2. Controlled Inflation:
Inflation moderated from 3.7% in February to 3.4% in March, remaining within the BoU’s 5.0% target range. Falling food prices (e.g., a -2.1% decline in Irish potatoes) and stable core inflation eased pressure on households. The BoU’s decision to hold the policy rate at 9.75% further reinforced price stability.
3. Improved Business Sentiment:
The Business Tendency Index (BTI) rose to 58.10 in January, near its highest level since 2012, signaling optimism among firms. This confidence, fueled by export gains and declining lending rates (17.37% in December 2024), suggests potential for sustained private sector activity.
Despite these positives, Uganda faces significant hurdles:
1. Trade Deficit Widening:
The trade deficit reached $468.8 million in January, driven by rising fuel imports and sluggish growth in non-coffee exports. Projections suggest it could hit $750 million by 2026, exacerbating pressure on the

2. Fiscal Deficits:
Government borrowing surged to UGX 2,065.45 billion in January, exceeding targets due to revenue shortfalls. This weakens fiscal buffers, leaving Uganda vulnerable to external shocks.
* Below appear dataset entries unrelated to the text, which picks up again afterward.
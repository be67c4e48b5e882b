-- ===== src/Dpdk/Int2str/Hex.antt =====
-- Int2Hex against `sprintf` with "%X", which Int2Hex2 uses.
use coding_demo.Base.{
  ℕ, zero, suc, ◌+◌, ◌/◌, ◌%◌, ◌^◌, ◌≡◌, refl, ap, ◌∙◌, Option, none, some, List, [], ◌∷◌, ◌++◌,
  arith, ltb, ◌==◌, length, length-append, Bool-cases, inl, inr, ◌<◌, ◌≤◌, map, ◌>>=◌, get_elem?,
  set, length-set, All, All-append, pos, Bool, true, false, ◌&&◌,
}
use native.Mathlib.Numerals.{add-one}
use mathlib.Core.List.{reverse, reverse-cons}
use coding_demo.Libc.Buffer.{write_at, write_at-nil}
use coding_demo.Libc.Hex.{hex_char, high_digits, hex_width, hex_text, hex_value, hex_value-hex_text}
use coding_demo.Dpdk.Int2str.{hex_array, split_digits, put_digits, int2hex, int2hex2}

-- The last `w` digits from the last one on.
abbrev low_digits : ℕ → ℕ → List ℕ
low_digits zero n = []
low_digits (suc w) n = n % 16 ∷ low_digits w (n / 16)

reverse-low_digits : (w n : ℕ) → reverse (low_digits w n) ≡ high_digits w n
unfolding high_digits
reverse-low_digits zero n = refl
reverse-low_digits (suc w) n =
    reverse-cons (n % 16) (low_digits w (n / 16))
    ∙ ap (λ ys. ys ++ n % 16 ∷ []) (reverse-low_digits w (n / 16))

split_digits-zero : (room : ℕ) → split_digits room 0 ≡ some []
unfolding split_digits
split_digits-zero zero = refl
split_digits-zero (suc room) = refl

split_digits_lem :
    (fuel n : ℕ)
    → 0 < n
    → n < 16 ^ suc fuel
    → split_digits (suc fuel) n ≡ some (low_digits (hex_width fuel n) n)
unfolding split_digits hex_width
split_digits_lem zero n lo hi =
    let one_digit : n / 16 ≡ 0 = omega arith in
    let more : (n == 0) ≡ false = ground arith in rw (one_digit, more) refl
split_digits_lem (suc fuel) n lo hi = elim (Bool-cases (ltb n 16)) [
  | inl small ↦
      let last : n / 16 ≡ 0 = ground arith in
      let more : (n == 0) ≡ false = ground arith in rw (small, more, last) refl
  | inr large ↦
      let more : (n == 0) ≡ false = ground arith in
      rw (large, more, split_digits_lem fuel (n / 16) (ground arith) (omega arith)) refl
]

write_at-set :
    (dst : List ℕ) (i c : ℕ) (cs : List ℕ)
    → write_at (set dst i c) (suc i) cs ≡ write_at dst i (c ∷ cs)
unfolding write_at
write_at-set [] i c cs = refl
write_at-set (d ∷ dst) zero c cs = refl
write_at-set (d ∷ dst) (suc i) c cs = ap (λ ys. d ∷ ys) (write_at-set dst i c cs)

-- What stands at an index below 16 of the table.
is_hex_char : ℕ → Option ℕ → Bool
is_hex_char m none = false
is_hex_char m (some c) = c == hex_char m

table_right : ℕ → Bool
unfolding is_hex_char
table_right zero = true
table_right (suc n) = is_hex_char n (get_elem? hex_array n) && table_right n

table_right-at :
    (n m : ℕ) → table_right n ≡ true → m < n → is_hex_char m (get_elem? hex_array m) ≡ true
unfolding table_right
table_right-at zero m h lt = absurd (omega arith)
table_right-at (suc n) m h lt = ground (arith, table_right-at n m)

is_hex_char-eq : (m : ℕ) (o : Option ℕ) → is_hex_char m o ≡ true → o ≡ some (hex_char m)
unfolding is_hex_char
is_hex_char-eq m none h = cc
is_hex_char-eq m (some c) h = ap some (ground arith)

hex_array-at : (m : ℕ) → m < 16 → get_elem? hex_array m ≡ some (hex_char m)
unfolding table_right
hex_array-at m lt = is_hex_char-eq m (get_elem? hex_array m) (table_right-at 16 m refl lt)

put_digits_lem :
    (ds dest : List ℕ) (lp : ℕ)
    → All (λ d. d < 16) ds
    → lp + length ds ≤ length dest
    → put_digits hex_array ds dest lp ≡ some (write_at dest lp (map hex_char ds), lp + length ds)
unfolding put_digits
put_digits_lem [] dest lp h room =
    let same : lp + 0 ≡ lp = omega arith in rw (write_at-nil dest lp, same) refl
put_digits_lem (d ∷ ds) dest lp h room =
    let free : ltb lp (length dest) ≡ true = ground arith in
    let c = hex_char d in
    rw (hex_array-at d h.0, free)
      (put_digits_lem ds (set dest lp c) (lp + 1) h.1 (omega (arith, length-set dest lp c))
        ∙ rw (add-one) (
            ap (λ k. some (write_at (set dest lp c) (suc lp) (map hex_char ds), k)) count
            ∙ ap (λ ys. some (ys, lp + suc (length ds)))
                (write_at-set dest lp c (map hex_char ds))))
  where
    count : suc lp + length ds ≡ lp + suc (length ds)
    count = omega arith

high_digits-small : (w n : ℕ) → All (λ d. d < 16) (high_digits w n)
unfolding high_digits
high_digits-small zero n = tt
high_digits-small (suc w) n =
    All-append (λ d. d < 16) (high_digits w (n / 16)) (n % 16 ∷ []) (high_digits-small w (n / 16))
      (omega arith)

length-map : (xs : List ℕ) → length (map hex_char xs) ≡ length xs
length-map [] = refl
length-map (x ∷ xs) = ap suc (length-map xs)

int2hex_lem :
    (num : ℕ) (dest : List ℕ)
    → 0 < num
    → num < 2 ^ 31
    → length (hex_text num) ≤ length dest
    → int2hex hex_array (pos num) dest
      ≡ some (write_at dest 0 (hex_text num), length (hex_text num))
unfolding int2hex hex_text
int2hex_lem num dest lo hi room =
    let w = hex_width 15 num in
    let digits = split_digits_lem 15 num lo (omega arith) in
    let size = length-map (high_digits w num) in
    let put =
      put_digits_lem (high_digits w num) dest 0 (high_digits-small w num) (omega (arith, size)) in
    ap (λ o. o >>= λ digits. put_digits hex_array (reverse digits) dest 0) digits
    ∙ ap (λ ds. put_digits hex_array ds dest 0) (reverse-low_digits w num)
    ∙ put
    ∙ ap (λ k. some (write_at dest 0 (map hex_char (high_digits w num)), k)) (omega (arith, size))

-- For a positive number below 2 ^ 31, into an array with room for its text and a NUL, Int2Hex
-- writes the text that Int2Hex2 prints, without the NUL, and returns the same length; the text read
-- as a hexadecimal number is the number.
pub int2hex-int2hex2 :
    (num : ℕ) (dest : List ℕ)
    → 0 < num
    → num < 2 ^ 31
    → length (hex_text num) < length dest
    → (int2hex hex_array (pos num) dest
        ≡ some (write_at dest 0 (hex_text num), length (hex_text num)))
      × (int2hex2 (pos num) dest
          ≡ some (write_at dest 0 (hex_text num ++ 0 ∷ []), length (hex_text num)))
      × (hex_value 0 (hex_text num) ≡ num)
unfolding int2hex2
int2hex-int2hex2 num dest lo hi room =
    let text = hex_text num in
    let fits : ltb (length dest) (0 + length (text ++ 0 ∷ [])) ≡ false =
      ground (arith, length-append text (0 ∷ [])) in
    (int2hex_lem num dest lo hi (omega arith), rw fits refl, hex_value-hex_text num (omega arith))
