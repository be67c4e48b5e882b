-- ===== src/Dpdk/Int2str/Tests.antt =====
-- The theorems on int2str at the inputs of its `main`.
use coding_demo.Base.{
  ℕ, ◌+◌, ◌%◌, ◌≡◌, refl, some, List, [], ◌∷◌, ◌++◌, arith, Returns, length, replicate, drop, pos,
}
use coding_demo.Libc.Buffer.{codes, take, write_at}
use coding_demo.Libc.Decimal.{decimal}
use coding_demo.Libc.Number.{strtol}
use coding_demo.Libc.Hex.{hex_text, hex_value}
use coding_demo.Dpdk.Int2str.{
  delimiter, char_to_buf, short_str_copy, short_str_to_buf, init_u16_str_map, u16_to_buf, hex_array,
  int2hex, int2hex2,
}
use coding_demo.Dpdk.Int2str.Copy.{short_str_copy_lem}
use coding_demo.Dpdk.Int2str.Hex.{int2hex-int2hex2}
use coding_demo.Dpdk.Int2str.Fields.{u16_to_buf_lem}

three : char_to_buf b'3' (replicate 4 0) 0 ≡ some (b'3' ∷ b'|' ∷ 0 ∷ 0 ∷ [], 2)
unfolding char_to_buf
three = refl

short : short_str_to_buf (codes "12345") 5 (replicate 6 0) ≡ some (codes "12345|", 6)
unfolding short_str_to_buf write_at
short = refl

short_str_copy_lem_example :
    short_str_copy (codes "a1b2c3d") 7 (replicate 32 0)
    ≡ some (take (7 % 16) (codes "a1b2c3d") ++ drop (7 % 16) (replicate 32 0))
short_str_copy_lem_example =
    short_str_copy_lem (codes "a1b2c3d") (replicate 32 0) 7 (omega arith) (omega arith)

-- Of zero Int2Hex makes an empty text, and Int2Hex2 makes "0".
zero_differs :
    (int2hex hex_array (pos 0) (replicate 4 7) ≡ some (replicate 4 7, 0))
    × (int2hex2 (pos 0) (replicate 4 7) ≡ some (b'0' ∷ 0 ∷ 7 ∷ 7 ∷ [], 1))
unfolding int2hex int2hex2 hex_text write_at
zero_differs = (refl, refl)

int2hex-int2hex2_example :
    (int2hex hex_array (pos 12345) (replicate 32 0)
      ≡ some (write_at (replicate 32 0) 0 (hex_text 12345), length (hex_text 12345)))
    × (int2hex2 (pos 12345) (replicate 32 0)
        ≡ some (write_at (replicate 32 0) 0 (hex_text 12345 ++ 0 ∷ []), length (hex_text 12345)))
    × (hex_value 0 (hex_text 12345) ≡ 12345)
unfolding hex_text
int2hex-int2hex2_example =
    int2hex-int2hex2 12345 (replicate 32 0) (omega arith) (omega arith) (omega arith)

u16_to_buf_lem_example :
    Returns (u16_to_buf (init_u16_str_map (replicate 8 0)) 12345 (replicate 32 0) 4) λ r.
      ((rest : List ℕ) × (length (decimal 12345) + 1 + length rest ≡ 8)
        × (r.0
            ≡ take 4 (replicate 32 0)
              ++ (decimal 12345 ++ delimiter ∷ (rest ++ drop (4 + 8) (replicate 32 0)))))
      × (r.1 ≡ 4 + length (decimal 12345) + 1)
      × ((strtol (drop 4 r.0)).0 ≡ pos 12345)
u16_to_buf_lem_example =
    u16_to_buf_lem 12345 4 (replicate 8 0) (replicate 32 0) (omega arith) (omega arith)
      (omega arith)
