-- ===== src/Hash.antt =====
-- C/hash: the open-addressing table (Simple) and the cuckoo table (Cuckoo).
pub mod Cuckoo
pub mod Simple
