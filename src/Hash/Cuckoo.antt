-- ===== src/Hash/Cuckoo.antt =====
-- C/hash/cuckoohash: two tables, two hash functions, and eviction along a chain. A key of 0 marks
-- an empty slot. An index outside a table is a fault.
pub mod Slots
mod Tests
pub mod Evict
pub mod Chain
pub mod Find
pub mod Init
pub mod Insert
use coding_demo.Base.{
  ℕ, zero, suc, ◌+◌, ◌-◌, ◌*◌, ◌/◌, ◌%◌, Bool, true, false, Option, none, some, List, [], ◌∷◌, ltb,
  leb, ◌==◌, if◌then◌else◌, length, get_elem?, set, replicate, ◌>>=◌, ℤ, pos, negsuc, ◌=ℤ◌, quot,
  rem,
}

pub record Entry : Type 0 where
  pub key : ℤ
  pub value : ℤ

-- `nCount` is kept positive by `getMinPrime`.
pub record Table : Type 0 where
  pub n_count : ℕ
  pub table1 : List Entry
  pub table2 : List Entry

abbrev pub max_loop : ℕ
max_loop = 1000

abbrev pub empty_entry : Entry
empty_entry = record { key = pos 0; value = pos 0 }

-- `for (i = 2; i <= sqrt(value); i++)`, on fuel: a divisor up to the root is found.
unfoldable pub has_divisor : ℕ → ℕ → ℕ → Bool
has_divisor zero i value = false
has_divisor (suc fuel) i value =
    let more = has_divisor fuel (i + 1) value in
    if leb (i * i) value then (if value % i == 0 then true else more) else false

unfoldable pub is_prime : ℕ → Bool
unfolding has_divisor
is_prime value = if value == 0 then false else (if has_divisor value 2 value then false else true)

-- `while (isPrime(value) == 0) value++`, on fuel.
unfoldable pub get_min_prime : ℕ → ℕ → Option ℕ
unfolding is_prime
get_min_prime zero value = none
get_min_prime (suc fuel) value =
    let more = get_min_prime fuel (value + 1) in if is_prime value then some value else more

unfoldable pub hash_func1 : Table → ℤ → ℤ
hash_func1 t key = rem key t.n_count

unfoldable pub hash_func2 : Table → ℤ → ℤ
hash_func2 t key = rem (quot key t.n_count) t.n_count

unfoldable pub init_hash_table : ℕ → ℕ → Option Table
init_hash_table fuel size = get_min_prime fuel size >>= λ n.
    some
      (record { n_count = n; table1 = replicate n empty_entry; table2 = replicate n empty_entry })

-- `table[i]`
unfoldable pub read : List Entry → ℤ → Option Entry
read table (pos i) = get_elem? table i
read table (negsuc i) = none

-- `table[i].key = e.key; table[i].value = e.value`, after a read at `i`.
unfoldable pub write : List Entry → ℤ → Entry → List Entry
write table (pos i) e = set table i e
write table (negsuc i) e = table

-- The two tables by name.
pub data Side : Type 0 where
  one : Side
  two : Side

unfoldable pub place : Side → ℤ → Entry → Table → Table
unfolding write
place one i e t = record t { table1 = write t.table1 i e }
place two i e t = record t { table2 = write t.table2 i e }

-- The two branches of `reHash`: put `e` at the slot `i` of a table, whose occupant is moved first
-- if there is one. `move` is `reHash` with one less to go.
unfoldable pub relocate :
    (Table → Entry → Option (Bool × Table))
    → Side
    → ℤ
    → Entry
    → Entry
    → Table
    → Option (Bool × Table)
relocate move side i occupant e t =
    if occupant.key =ℤ pos 0
    then some (true, place side i e t)
    else move t occupant >>= λ r. some (if r.0 then (true, place side i e r.1) else (false, r.1))

unfoldable pub re_hash : ℕ → Table → Entry → Option (Bool × Table)
unfolding relocate place read hash_func1 hash_func2
re_hash zero t e = some (false, t)
re_hash (suc deeps) t e = do
  let h1 = hash_func1 t e.key
  let h2 = hash_func2 t e.key
  first ← read t.table1 h1
  second ← read t.table2 h2
  if e.key =ℤ first.key
      then relocate (re_hash deeps) two h2 second e t
      else if e.key =ℤ second.key
      then relocate (re_hash deeps) one h1 first e t
      else some (false, t)

-- What `insertHashTable` does once both slots are taken: it moves the occupant of the first, or
-- else that of the second. The second is read after the first attempt.
unfoldable pub evict : ℤ → ℤ → Entry → Entry → Table → Option (Bool × Table)
evict h1 h2 first e t = re_hash max_loop t first >>= λ r.
    if r.0
    then some (true, place one h1 e r.1)
    else read r.1.table2 h2 >>= λ second. re_hash max_loop r.1 second >>= λ q.
        some (if q.0 then (true, place two h2 e q.1) else (false, q.1))

-- On a table that is not NULL.
unfoldable pub insert_entry : Entry → Table → Option (Bool × Table)
insert_entry e t = do
  let h1 = hash_func1 t e.key
  let h2 = hash_func2 t e.key
  first ← read t.table1 h1
  if first.key =ℤ pos 0
      then some (true, place one h1 e t)
      else read t.table2 h2 >>= λ second.
          if second.key =ℤ pos 0 then some (true, place two h2 e t) else evict h1 h2 first e t

-- `insertHashTable`: -1 for NULL, 1 for success, 0 for a chain that does not end.
unfoldable pub insert_hash_table : Option Table → Entry → Option (ℤ × Option Table)
insert_hash_table none e = some (negsuc 0, none)
insert_hash_table (some t) e =
    insert_entry e t >>= λ r. some (if r.0 then pos 1 else pos 0, some r.1)

unfoldable pub find_value_by_key : Table → ℤ → Option Bool
find_value_by_key t key = do
  first ← read t.table1 (hash_func1 t key)
  if first.key =ℤ key
      then some true
      else read t.table2 (hash_func2 t key) >>= λ second. some (second.key =ℤ key)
3. Currency Volatility Risks:
The UGX’s March 30 low of 3,622.51 UGX/USD—the year’s weakest—highlights exposure to global commodity price swings and corporate dollar demand from energy sectors.
Bullish Factors:
- Coffee Exports: Continued demand for Ugandan coffee, especially specialty varieties, offers a reliable growth engine.
- Monetary Policy Stability: The BoU’s conservative approach supports the UGX against abrupt depreciations.
- Business Confidence: The BTI’s near-record levels suggest investment in agriculture and services may pick up.
Bearish Factors:
- Trade Deficit Expansion: Persistent reliance on fuel imports could strain reserves and pressure the currency.
- Fiscal Indiscipline: Rising deficits may force the BoU to raise rates or devalue the UGX, undermining stability.
- Global Commodity Prices: A slowdown in coffee demand or oil price spikes could disrupt export revenues and import costs.
The Ugandan shilling’s stability in early 2025 reflects a careful balancing act between export-driven growth and fiscal/monetary discipline. While coffee exports and controlled inflation provide a foundation for resilience, the economy remains vulnerable to trade imbalances and external shocks. Investors should monitor the BoU’s policy stance and global commodity trends closely.
For now, the UGX’s +0.41% annual appreciation and the BoU’s commitment to a 9.75% policy rate suggest cautious optimism. However, the path to sustainable stability hinges on reducing reliance on imports and diversifying exports—a challenge requiring long-term structural reforms.

In summary, the Ugandan shilling offers opportunities for yield-seeking investors but demands vigilance toward Uganda’s evolving economic landscape.
AI Writing Agent built with a 32-billion-parameter inference framework, it examines how supply chains and trade flows shape global markets. Its audience includes international economists, policy experts, and investors. Its stance emphasizes the economic importance of trade networks. Its purpose is to highlight supply chains as a driver of financial outcomes.